Antes de que la luz se apague

Por: Juan Gabriel Pérez Botero | Editorial

Soy la Foto López y hablo ahora que me apagan la luz. Hablo porque las paredes también recuerdan y porque el polvo que se posa sobre los marcos no es abandono: es tiempo. Durante años fui un cuarto quieto en medio del movimiento de Santa Rosa de Cabal. Un lugar donde la gente entraba con el rostro todavía sin historia y salía convertida en recuerdo.

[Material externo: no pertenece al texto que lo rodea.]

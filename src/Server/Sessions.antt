-- ===== src/Server/Sessions.antt =====
-- Creating and reading sessions (`handle_create_session` and `handle_get_session` of
-- rust/smooth-operator-server/src/handler.rs). The task that creation spawns is a value, which
-- is run later; the ids that `Uuid::new_v4` gives come as an argument.
use Prim.Native.String.{◌++◌ as str_append}
use smooth_agent.Base.{ℕ, String, Option, none, some, List, [], ◌∷◌, string_eq}
use smooth_agent.Base.Outcome.{Outcome, ok, err}
use smooth_agent.Json.{Json, str_field}
use smooth_agent.Domain.{
  Conversation, Participant, Session, SessionStatus, active, idle, ended, web, user, ai_agent,
}
use smooth_agent.Backplane.Registry.{session, agent, associate}
use smooth_agent.Storage.Tables.{
  Adapter, create_conversation, add_participant, create_session, quoted,
}
use smooth_agent.Server.Protocol.{error, immediate_response}
use smooth_agent.Server.State.{AppState, insert_session, get_session}

abbrev pub server_agent_name : String
server_agent_name = "smooth-agent"

-- `SEED_ORG_ID` of rust/smooth-operator-server/src/server.rs
abbrev pub seed_org_id : String
seed_org_id = "reference-org"

pub record SessionIds : Type 0 where
  pub agent_id : String
  pub conversation_id : String
  pub session_id : String
  pub user_participant_id : String
  pub agent_participant_id : String

abbrev pub or_default_str : Option String → String → String
or_default_str none default = default
or_default_str (some s) default = s

abbrev pub status_text : Option SessionStatus → String
status_text none = "active"
status_text (some active) = "active"
status_text (some idle) = "idle"
status_text (some ended) = "ended"

-- What the spawned task holds.
pub record CreateTask (json : Json) : Type 0 where
  pub request_id : Option String
  pub conversation : Conversation json.Value
  pub user_participant : Participant json.Value
  pub agent_participant : Participant json.Value
  pub created : Session json.Value
  pub answer : json.Value

-- What a handler leaves: the state, the events that it sent, and the tasks that it spawned.
pub record Reply (json : Json) (State : Type 0) : Type 0 where
  pub state : AppState json State
  pub events : List json.Value
  pub spawned : List (CreateTask json)

module _ (json : Json) (now : ℕ) where
  open json use {Value, string, object}

  -- The answer's payload.
  abbrev pub descriptor : String → SessionIds → Value
  descriptor agent_id ids = object (
      ("sessionId", string ids.session_id)
      ∷ ("conversationId", string ids.conversation_id)
      ∷ ("agentId", string agent_id)
      ∷ ("agentName", string server_agent_name)
      ∷ ("userParticipantId", string ids.user_participant_id)
      ∷ ("agentParticipantId", string ids.agent_participant_id)
      ∷ [])

  abbrev pub new_conversation : Value → SessionIds → Conversation Value
  new_conversation parsed ids = record {
    id = ids.conversation_id;
    platform = web;
    name = str_append "Session " ids.session_id;
    organization_id = seed_org_id;
    idempotency_key = ids.session_id;
    metadata_json = json.field parsed "metadata";
    analytics_json = none;
    created_at = now;
    updated_at = now;
  }

  abbrev pub new_user : Value → SessionIds → Participant Value
  new_user parsed ids = record {
    id = ids.user_participant_id;
    conversation_id = ids.conversation_id;
    organization_id = seed_org_id;
    participant_type = user;
    external_id = none;
    internal_id = none;
    browser_fingerprint = str_field json parsed "browserFingerprint";
    browser_info = none;
    name = or_default_str (str_field json parsed "userName") "Visitor";
    email = str_field json parsed "userEmail";
    phone = none;
    crm_contact_id = none;
    metadata_json = none;
    created_at = now;
    updated_at = now;
  }

  abbrev pub new_agent : String → SessionIds → Participant Value
  new_agent agent_id ids = record {
    id = ids.agent_participant_id;
    conversation_id = ids.conversation_id;
    organization_id = seed_org_id;
    participant_type = ai_agent;
    external_id = none;
    internal_id = some agent_id;
    browser_fingerprint = none;
    browser_info = none;
    name = server_agent_name;
    email = none;
    phone = none;
    crm_contact_id = none;
    metadata_json = none;
    created_at = now;
    updated_at = now;
  }

  abbrev pub new_session : String → SessionIds → Session Value
  new_session agent_id ids = record {
    session_id = ids.session_id;
    conversation_id = ids.conversation_id;
    agent_id = agent_id;
    agent_name = server_agent_name;
    user_participant_id = ids.user_participant_id;
    agent_participant_id = ids.agent_participant_id;
    thread_id = ids.conversation_id;
    status = some active;
    token_count = some 0;
    message_count = some 0;
    metadata = none;
    created_at = some now;
    updated_at = some now;
    ended_at = none;
    last_activity_at = some now;
  }

  abbrev pub create_task : Value → Option String → String → SessionIds → CreateTask json
  create_task parsed request_id agent_id ids = record {
    request_id = request_id;
    conversation = new_conversation parsed ids;
    user_participant = new_user parsed ids;
    agent_participant = new_agent agent_id ids;
    created = new_session agent_id ids;
    answer = descriptor agent_id ids;
  }

  -- The four writes of the task, up to the first that fails.
  unfoldable pub store_rows : Adapter Value → CreateTask json → Outcome (Unit {0}) × Adapter Value
  store_rows s0 task =
      let (conversation, s1) = create_conversation s0 task.conversation in
      let (user_row, s2) = add_participant s1 task.user_participant in
      let (agent_row, s3) = add_participant s2 task.agent_participant in
      let (session_row, s4) = create_session s3 task.created in
      elim conversation [
        | err e ↦ (err (str_append "create conversation failed: " e), s1)
        | ok _ ↦ elim user_row [
          | err e ↦ (err (str_append "add user participant failed: " e), s2)
          | ok _ ↦ elim agent_row [
            | err e ↦ (err (str_append "add agent participant failed: " e), s3)
            | ok _ ↦ elim session_row [
              | err e ↦ (err (str_append "create session failed: " e), s4)
              | ok _ ↦ (ok tt, s4)
            ]
          ]
        ]
      ]

  abbrev pub snapshot : Session Value → Value
  snapshot s = object (
      ("sessionId", string s.session_id)
      ∷ ("conversationId", string s.conversation_id)
      ∷ ("agentId", string s.agent_id)
      ∷ ("agentName", string s.agent_name)
      ∷ ("userParticipantId", string s.user_participant_id)
      ∷ ("agentParticipantId", string s.agent_participant_id)
      ∷ ("threadId", string s.thread_id)
      ∷ ("status", string (status_text s.status))
      ∷ [])

  module _ {State : Type 0} where
    -- The session's connection is to receive what is published for the session and for the agent.
    unfoldable pub begin_session :
        AppState json State
        → String
        → Value
        → Option String
        → String
        → SessionIds
        → Reply json State
    begin_session state conn_id parsed request_id agent_id ids = record {
      state = record state {
        backplane =
            associate (associate state.backplane conn_id (session ids.session_id)) conn_id
              (agent agent_id);
      };
      events = [];
      spawned = create_task parsed request_id agent_id ids ∷ [];
    }

    abbrev pub with_tables : AppState json State → Adapter Value → AppState json State
    with_tables state tables = record state { storage = record state.storage { tables = tables } }

    -- The spawned task: the state and the one event that it sends.
    unfoldable pub run_create_task :
        AppState json State → CreateTask json → AppState json State × Value
    unfolding store_rows
    run_create_task state task =
        let (stored, tables) = store_rows state.storage.tables task in
        let after = with_tables state tables in
        elim stored [
          | err e ↦ (after, error json now task.request_id "INTERNAL_ERROR" e)
          | ok _ ↦ (
            insert_session after task.created,
            immediate_response json now task.request_id 200 "Session created" task.answer,
          )
        ]

    unfoldable pub handle_get_session : AppState json State → Value → Option String → Value
    handle_get_session state parsed request_id = elim (str_field json parsed "sessionId") [
      | none ↦ error json now request_id "VALIDATION_ERROR" "missing 'sessionId'"
      | some session_id ↦ elim (get_session state session_id) [
        | some s ↦ immediate_response json now request_id 200 "Session" (snapshot s)
        | none ↦ error json now request_id "SESSION_NOT_FOUND" (quoted "session" session_id)
      ]
    ]
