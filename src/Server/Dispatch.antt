-- ===== src/Server/Dispatch.antt =====
-- The dispatch of a connection's frames and the turn behind `send_message`
-- (rust/smooth-operator-server/src/handler.rs). The JSON library, the agent, the engine's knowledge
-- base, the ids and the moment are parameters. A result of `none` is a panic.
use Prim.Native.String.{◌++◌ as str_append}
use smooth_agent.Base.{
  ℕ, String, false, Option, none, some, List, [], ◌∷◌, ◌++◌, string_eq, ◌==◌, if◌then◌else◌,
}
use smooth_agent.Base.Text.{trim, is_empty}
use smooth_agent.Base.Outcome.{Outcome, ok, err}
use smooth_agent.Json.{Json, str_field}
use smooth_agent.Engine.{Documents, KnowledgeBase}
use smooth_agent.Domain.{Session}
use smooth_agent.Access.Acl.{AccessContext}
use smooth_agent.Storage.Tables.{quoted}
use smooth_agent.Turn.Citations.{Citation}
use smooth_agent.Search.Rerank.{Lexicon, Reranker}
use smooth_agent.Search.Tool.{Display}
use smooth_agent.Server.Protocol.{
  pong, error, immediate_response, eventual_response, general_agent_response,
}
use smooth_agent.Server.Agent.{Agent}
use smooth_agent.Server.Config.{LlmConfig, llm_config}
use smooth_agent.Server.Streaming.{TurnResult, TurnChoices}
use smooth_agent.Server.Turn.{run_streaming_turn}
use smooth_agent.Server.State.{AppState, get_session}
use smooth_agent.Server.Policy.{Ambient, proceed, denied, panicked, enforce_widget_auth}
use smooth_agent.Server.Sessions.{
  SessionIds, Reply, or_default_str, begin_session, with_tables, handle_get_session,
}

-- What the handlers take from outside of the repository.
pub record Outside (json : Json) (lex : Lexicon) (docs : Documents) (Score : Type 0) : Type 1 where
  pub display : Display Score
  pub kb : KnowledgeBase docs.Document Score
  -- The agent with the model behind a configuration.
  pub agent : LlmConfig → ℕ → Agent json Score
  -- `build_reranker`, on the environment.
  pub reranker : Option (Reranker lex Score)
  pub to_value : List (Citation Score) → json.Value

-- The ids that are new in the handling of one frame.
pub record FreshIds : Type 0 where
  pub turn : TurnChoices
  pub for_session : SessionIds

-- `Some(m) if !m.trim().is_empty()`
abbrev pub nonblank : Option String → Option String
nonblank none = none
nonblank (some m) = if is_empty (trim m) then none else some m

module _ (json : Json) (env : Ambient) (lex : Lexicon) (docs : Documents) {Score : Type 0}
    (out : Outside json lex docs Score) where
  open json use {Value, object}

  abbrev pub App : Type 0
  App = AppState json out.kb.State

  abbrev pub answer_with : App → Value → Option (Reply json out.kb.State)
  answer_with state event = some (record { state = state; events = event ∷ []; spawned = [] })

  abbrev pub refuse : App → String → String → String → Option (Reply json out.kb.State)
  refuse state request_id code message =
      answer_with state (error json env.now (some request_id) code message)

  unfoldable pub handle_create_session :
      App
      → String
      → Option String
      → Value
      → Option String
      → SessionIds
      → Option (Reply json out.kb.State)
  handle_create_session state conn_id origin parsed request_id ids =
      let agent_id = or_default_str (str_field json parsed "agentId") ids.agent_id in
      elim (enforce_widget_auth json env state.widget_auth state.config origin agent_id parsed) [
        | proceed ↦ some (begin_session json env.now state conn_id parsed request_id agent_id ids)
        | denied code message ↦ answer_with state (error json env.now request_id code message)
        | panicked ↦ none
      ]

  -- The event that answers a turn. If its agent fails, events of the stream may come after it.
  abbrev pub final_event : String → Outcome (TurnResult Score) → Value
  final_event request_id (ok turn) =
      eventual_response json env.now out.to_value request_id 200 turn.message_id
        (general_agent_response json env.now turn.reply) false turn.citations
  final_event request_id (err e) =
      error json env.now (some request_id) "AGENT_ERROR" (str_append "agent turn failed: " e)

  -- `send_message` once its guards have passed. The output of the translator that comes late is sent
  -- after the handler's own last event: the handler does not wait in between.
  unfoldable pub run_message :
      App
      → AccessContext
      → String
      → String
      → Session Value
      → LlmConfig
      → TurnChoices
      → Option (Reply json out.kb.State)
  run_message state access request_id message session llm ids =
      let turn =
        run_streaming_turn json env.now lex out.display docs out.kb
          (out.agent llm state.config.max_iterations) state.storage
          (record {
            conversation_id = session.conversation_id;
            request_id = request_id;
            user_message = message;
            access = access;
            reranker = out.reranker;
          })
          ids in
      some (record {
        state = with_tables json env.now state turn.tables;
        events =
            immediate_response json env.now (some request_id) 202 "Processing your request..."
              (object [])
            ∷ (turn.events ++ final_event request_id turn.result ∷ turn.late);
        spawned = [];
      })

  unfoldable pub handle_send_message :
      App → AccessContext → Value → Option String → TurnChoices → Option (Reply json out.kb.State)
  unfolding run_message
  handle_send_message state access parsed none ids =
      answer_with state
        (error json env.now none "VALIDATION_ERROR" "send_message requires a 'requestId'")
  handle_send_message state access parsed (some request_id) ids =
      elim (str_field json parsed "sessionId") [
        | none ↦ refuse state request_id "VALIDATION_ERROR" "missing 'sessionId'"
        | some session_id ↦ elim (nonblank (str_field json parsed "message")) [
          | none ↦ refuse state request_id "VALIDATION_ERROR" "missing or empty 'message'"
          | some message ↦ elim (get_session state session_id) [
            | none ↦ refuse state request_id "SESSION_NOT_FOUND" (quoted "session" session_id)
            | some session ↦ elim (llm_config state.config) [
              | none ↦
                  refuse state request_id "LLM_UNAVAILABLE"
                    "SMOOAI_GATEWAY_KEY is not configured; this server cannot serve LLM turns. Set the gateway key to enable send_message."
              | some llm ↦ run_message state access request_id message session llm ids
            ]
          ]
        ]
      ]

  -- The `match` on the action.
  unfoldable pub dispatch :
      App
      → AccessContext
      → String
      → Option String
      → Value
      → Option String
      → Option String
      → FreshIds
      → Option (Reply json out.kb.State)
  unfolding handle_create_session handle_send_message
  dispatch state access conn_id origin parsed request_id none ids =
      answer_with state (error json env.now request_id "VALIDATION_ERROR" "missing 'action' field")
  dispatch state access conn_id origin parsed request_id (some action) ids =
      if action == "ping"
      then answer_with state (pong json env.now request_id)
      else if action == "create_conversation_session"
      then handle_create_session state conn_id origin parsed request_id ids.for_session
      else if action == "get_session"
      then answer_with state (handle_get_session json env.now state parsed request_id)
      else if action == "send_message"
      then handle_send_message state access parsed request_id ids.turn
      else answer_with state (
          error json env.now request_id "UNSUPPORTED_ACTION"
            (str_append "action '" (str_append action "' is not supported by this server")))

  unfoldable pub handle_frame :
      App
      → AccessContext
      → String
      → Option String
      → String
      → FreshIds
      → Option (Reply json out.kb.State)
  unfolding dispatch
  handle_frame state access conn_id origin raw ids = elim (json.from_str raw) [
    | err e ↦
        answer_with state
          (error json env.now none "VALIDATION_ERROR" (str_append "invalid JSON frame: " e))
    | ok parsed ↦
        dispatch state access conn_id origin parsed (str_field json parsed "requestId")
          (str_field json parsed "action") ids
  ]
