-- ===== src/Server/Embedding.antt =====
-- Who may create a session with an embedded agent.
use smooth_agent.Base.{
  ◌/◌, ◌≤◌, String, true, false, Option, none, some, [], ◌≡◌, ◌⊎◌, refl, ap, ◌∙◌, arith, string_eq,
  Bool-cases, Option-cases, inl, inr,
}
use smooth_agent.Base.Int.{ℤ, pos}
use smooth_agent.Json.{Json, str_field, i64_field}
use smooth_agent.Engine.{Documents}
use smooth_agent.Search.Rerank.{Lexicon}
use smooth_agent.Widget.Origin.{
  AgentWidgetAuth, WidgetAuthProvider, agent_widget_auth, origin_allowed,
}
use smooth_agent.Widget.Context.{IsSigned, IsFar, distance, verify_auth_context-accepts}
use smooth_agent.Server.Config.{ServerConfig}
use smooth_agent.Server.Policy.{
  Ambient, Verdict, proceed, denied, panicked, verify_auth_context_value, check_context,
  enforce_widget_auth, origin_or_empty, verify_fields, now_unix,
}
use smooth_agent.Server.State.{AppState}
use smooth_agent.Server.Sessions.{Reply, SessionIds, or_default_str}
use smooth_agent.Server.Dispatch.{Outside, handle_create_session}

module _ (json : Json) (env : Ambient) where
  -- A context with a user id, a signature and a timestamp, where the signature is one of the two
  -- others under the key, and the timestamp is at most 60 seconds from the present; a build without
  -- overflow checks may also take one at least 2 ^ 63 seconds away.
  pub record IsGenuine (key : Option String) (ac : json.Value) : Type 0 where
    pub public_key : String
    pub user_id : String
    pub signature : String
    pub timestamp : ℤ
    pub has_key : key ≡ some public_key
    pub has_user : str_field json ac "userId" ≡ some user_id
    pub has_signature : str_field json ac "signature" ≡ some signature
    pub has_timestamp : i64_field json ac "timestamp" ≡ some timestamp
    pub signed : IsSigned env.hmac public_key user_id signature timestamp
    pub timely :
        (distance (pos (env.now / 1000)) timestamp ≤ 60)
        ⊎ ((env.checks ≡ false) × IsFar (pos (env.now / 1000)) timestamp)

  genuine :
      (key : Option String) (ac : json.Value) (k u s : Option String) (t : Option ℤ)
      → key ≡ k
      → str_field json ac "userId" ≡ u
      → str_field json ac "signature" ≡ s
      → i64_field json ac "timestamp" ≡ t
      → verify_fields env k u s t ≡ some true
      → IsGenuine key ac
  genuine key ac (some k) (some u) (some s) (some t) hk hu hs ht h =
      let (sign, time) =
        verify_auth_context-accepts env.hmac k u s env.checks (now_unix env) t (pos 60) h in
      record {
        public_key = k;
        user_id = u;
        signature = s;
        timestamp = t;
        has_key = hk;
        has_user = hu;
        has_signature = hs;
        has_timestamp = ht;
        signed = sign;
        timely = elim time [ inl fresh ↦ inl (omega (arith, fresh)) | inr far ↦ inr far ];
      }
  genuine key ac (some k) (some u) (some s) none hk hu hs ht h = cc
  genuine key ac (some k) (some u) none t hk hu hs ht h = cc
  genuine key ac (some k) none s t hk hu hs ht h = cc
  genuine key ac none u s t hk hu hs ht h = cc

  verify_auth_context_value-IsGenuine :
      (key : Option String) (ac : json.Value)
      → verify_auth_context_value json env key ac ≡ some true
      → IsGenuine key ac
  unfolding verify_auth_context_value
  verify_auth_context_value-IsGenuine key ac h =
      genuine key ac key (str_field json ac "userId") (str_field json ac "signature")
        (i64_field json ac "timestamp") refl refl refl refl h

  -- The policy lets the frame's sender in.
  pub data Authorized (provider : WidgetAuthProvider) (config : ServerConfig)
      (origin : Option String) (agent_id : String) (parsed : json.Value) : Type 0 where
    unregistered :
        agent_widget_auth provider agent_id ≡ none
        → config.widget_auth_strict ≡ false
        → Authorized provider config origin agent_id parsed
    embedded :
        (policy : AgentWidgetAuth)
        → agent_widget_auth provider agent_id ≡ some policy
        → origin_allowed policy.allowed_origins (origin_or_empty origin) ≡ true
        → (json.field parsed "authContext" ≡ none)
          ⊎ ((ac : json.Value) × (json.field parsed "authContext" ≡ some ac)
              × IsGenuine policy.public_key ac)
        → Authorized provider config origin agent_id parsed

  context_verified :
      (key : Option String) (parsed : json.Value) (o : Option json.Value)
      → json.field parsed "authContext" ≡ o
      → check_context json env key o ≡ proceed
      → (json.field parsed "authContext" ≡ none)
        ⊎ ((ac : json.Value) × (json.field parsed "authContext" ≡ some ac) × IsGenuine key ac)
  unfolding check_context
  context_verified key parsed none e h = inl e
  context_verified key parsed (some ac) e h =
      elim (Option-cases (verify_auth_context_value json env key ac)) [
        | inl v ↦ cc (rw (check_context, v) at h)
        | inr (b, v) ↦ elim (Bool-cases b) [
          | inl t ↦ inr (ac, e, verify_auth_context_value-IsGenuine key ac (v ∙ ap some t))
          | inr f ↦ cc (rw (check_context, v, f) at h)
        ]
      ]

  enforce_widget_auth-Authorized :
      (provider : WidgetAuthProvider) (config : ServerConfig) (origin : Option String)
      (agent_id : String) (parsed : json.Value)
      → enforce_widget_auth json env provider config origin agent_id parsed ≡ proceed
      → Authorized provider config origin agent_id parsed
  unfolding enforce_widget_auth
  enforce_widget_auth-Authorized provider config origin agent_id parsed h =
      elim (Option-cases (agent_widget_auth provider agent_id)) [
        | inl e ↦ elim (Bool-cases config.widget_auth_strict) [
          | inl s ↦ cc (rw (enforce_widget_auth, e, s) at h)
          | inr s ↦ unregistered e s
        ]
        | inr (policy, e) ↦
            elim (Bool-cases (origin_allowed policy.allowed_origins (origin_or_empty origin))) [
              | inr o ↦ cc (rw (enforce_widget_auth, e, o) at h)
              | inl o ↦ embedded policy e o (
                  context_verified policy.public_key parsed (json.field parsed "authContext") refl
                    (rw (enforce_widget_auth, e, o) at h))
            ]
      ]

  module _ (lex : Lexicon) (docs : Documents) {Score : Type 0}
      (out : Outside json lex docs Score) where
    -- A session is begun only for whom the agent's policy lets in: one without a policy, if the server
    -- is not strict, or one whose policy allows the frame's origin and whose context, if the frame has
    -- one, names a user and has a signature of the user and the timestamp under the agent's key. The
    -- timestamp is at most 60 seconds from the present, or in a build without overflow checks maybe at
    -- least 2 ^ 63 seconds away. Otherwise nothing changes and nothing is spawned.
    pub handle_create_session-Authorized :
        (state : AppState json out.kb.State) (conn_id : String) (origin : Option String)
        (parsed : json.Value) (rid : Option String) (ids : SessionIds)
        (reply : Reply json out.kb.State)
        → handle_create_session json env lex docs out state conn_id origin parsed rid ids
          ≡ some reply
        → Authorized state.widget_auth state.config origin
            (or_default_str (str_field json parsed "agentId") ids.agent_id)
            parsed
          ⊎ ((reply.state ≡ state) × (reply.spawned ≡ []))
    unfolding handle_create_session
    handle_create_session-Authorized state conn_id origin parsed rid ids reply h =
        by_verdict
          (enforce_widget_auth json env state.widget_auth state.config origin agent_id parsed) refl
      where
        agent_id : String
        agent_id = or_default_str (str_field json parsed "agentId") ids.agent_id

        by_verdict :
            (v : Verdict)
            → enforce_widget_auth json env state.widget_auth state.config origin agent_id parsed ≡ v
            → Authorized state.widget_auth state.config origin agent_id parsed
              ⊎ ((reply.state ≡ state) × (reply.spawned ≡ []))
        by_verdict proceed e =
            inl (
              enforce_widget_auth-Authorized state.widget_auth state.config origin agent_id parsed
                e)
        by_verdict (denied code message) e =
            let got = rw (handle_create_session, e) at h in inr (ground arith, ground arith)
        by_verdict panicked e = cc (rw (handle_create_session, e) at h)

Mis entrañas huelen a químicos antiguos y a papel recién revelado. Aquí aprendí los cambios sin entenderlos del todo: pasé del negativo tembloroso al archivo digital, del cuarto oscuro a la pantalla fría. Vi cómo la tecnología se volvía rápida y cómo la espera, esa espera paciente por una foto, se volvió un lujo. Antes, la gente regresaba. Volvía a buscarse. Hoy todo se va sin despedirse.

Por mí pasaron bodas nerviosas, niños con los zapatos limpios solo para la foto, retratos para cédulas, graduaciones que prometían futuros inciertos. Vi lágrimas que no se notan en la imagen final, sonrisas ensayadas, manos que no sabían dónde ponerse. También vi ausencias: fotos encargadas para alguien que ya no estaba, ampliaciones hechas para velorios, recuerdos sostenidos como se sostiene una fe pequeña.

Fui testigo de un pueblo que cambiaba de cara sin darse cuenta. Calles que se ensancharon, fachadas que se modernizaron, voces que se fueron apagando. Yo me quedé, guardando lo que nadie más podía: la prueba de que estuvimos aquí. Cada fotografía fue una manera de decir “esto ocurrió”, “esto importó”.

Cerrar no es desaparecer. Me cierran las puertas, sí, pero no pueden cerrar lo que ya se llevó la gente en los bolsillos, en los álbumes, en las casas donde aún resisto colgado de una pared. Me preocupa, eso sí, el olvido. Ese olvido del que habló Héctor Abad, ese que nos borra cuando nadie pronuncia nuestro nombre. No quiero ser solo una anécdota.

Por eso confío en la memoria colectiva. En quienes dirán “¿te acordás de la Foto López?”. En las fotos mismas, tercas, sobreviviendo a las mudanzas, al polvo, al paso de los años. Yo fui un lugar, pero sobre todo fui un testigo. Y mientras alguien mire una de mis fotos y reconozca un rostro, una calle, una vida, seguiré abierto. Aunque ya no entre nadie.